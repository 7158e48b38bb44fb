-- ===== src/Tests/Slots.antt =====
-- An LRU cache that is a map which keeps every key.
use iroh_content_discovery.Prelude.{◌≡◌, inl, refl, none, some, List, [], arith}
use iroh_content_discovery.Prelude.Maps.{lookup, insert, remove, lookup-insert, lookup-remove}
use iroh_content_discovery.Gateway.Lru.{Lru}

module _ {K V : Type 0} (dec : Discrete K) where
  pub lookup_empty : (k : K) → lookup {K = K} {V = V} dec k [] ≡ none
  unfolding lookup
  lookup_empty k = refl

  pub written : (k : K) (v : V) (m : List (K × V)) → lookup dec k (insert dec k v m) ≡ some v
  written k v m = ground (arith, lookup-insert dec k k v m)

  pub kept :
      (k j : K) (v : V) (m : List (K × V))
      → ¬ (k ≡ j)
      → lookup dec j (insert dec k v m) ≡ lookup dec j m
  kept k j v m other = ground (arith, lookup-insert dec k j v m)

  pub removed : (k : K) (m : List (K × V)) → lookup dec k (remove dec k m) ≡ none
  removed k m = ground (arith, lookup-remove dec k k m)

  pub left :
      (k j : K) (m : List (K × V)) → ¬ (k ≡ j) → lookup dec j (remove dec k m) ≡ lookup dec j m
  left k j m other = ground (arith, lookup-remove dec k j m)

  abbrev pub slots_of : Lru K V
  slots_of = record {
    Cache = List (K × V);
    empty = [];
    peek = λ k m. lookup dec k m;
    write = λ k v m. insert dec k v m;
    pop = λ k m. remove dec k m;
    peek-empty = lookup_empty;
    peek-write = written;
    peek-write_other = λ k j v m other. inl (kept k j v m other);
    peek-write_present = λ k j u v m h other. kept k j v m other;
    peek-pop = removed;
    peek-pop_other = left;
  }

PROMPT: Set the entries down again precisely as they were given.

YOUR SOLUTION:
repository 7158e48b38bb44fb
-- ===== src/Tests/Slots.antt =====
-- An LRU cache that is a map which keeps every key.
use iroh_content_discovery.Prelude.{◌≡◌, inl, refl, none, some, List, [], arith}
use iroh_content_discovery.Prelude.Maps.{lookup, insert, remove, lookup-insert, lookup-remove}
use iroh_content_discovery.Gateway.Lru.{Lru}

module _ {K V : Type 0} (dec : Discrete K) where
  pub lookup_empty : (k : K) → lookup {K = K} {V = V} dec k [] ≡ none
  unfolding lookup
  lookup_empty k = refl

  pub written : (k : K) (v : V) (m : List (K × V)) → lookup dec k (insert dec k v m) ≡ some v
  written k v m = ground (arith, lookup-insert dec k k v m)

  pub kept :
      (k j : K) (v : V) (m : List (K × V))
      → ¬ (k ≡ j)
      → lookup dec j (insert dec k v m) ≡ lookup dec j m
  kept k j v m other = ground (arith, lookup-insert dec k j v m)

  pub removed : (k : K) (m : List (K × V)) → lookup dec k (remove dec k m) ≡ none
  removed k m = ground (arith, lookup-remove dec k k m)

  pub left :
      (k j : K) (m : List (K × V)) → ¬ (k ≡ j) → lookup dec j (remove dec k m) ≡ lookup dec j m
  left k j m other = ground (arith, lookup-remove dec k j m)

  abbrev pub slots_of : Lru K V
  slots_of = record {
    Cache = List (K × V);
    empty = [];
    peek = λ k m. lookup dec k m;
    write = λ k v m. insert dec k v m;
    pop = λ k m. remove dec k m;
    peek-empty = lookup_empty;
    peek-write = written;
    peek-write_other = λ k j v m other. inl (kept k j v m other);
    peek-write_present = λ k j u v m h other. kept k j v m other;
    peek-pop = removed;
    peek-pop_other = left;
  }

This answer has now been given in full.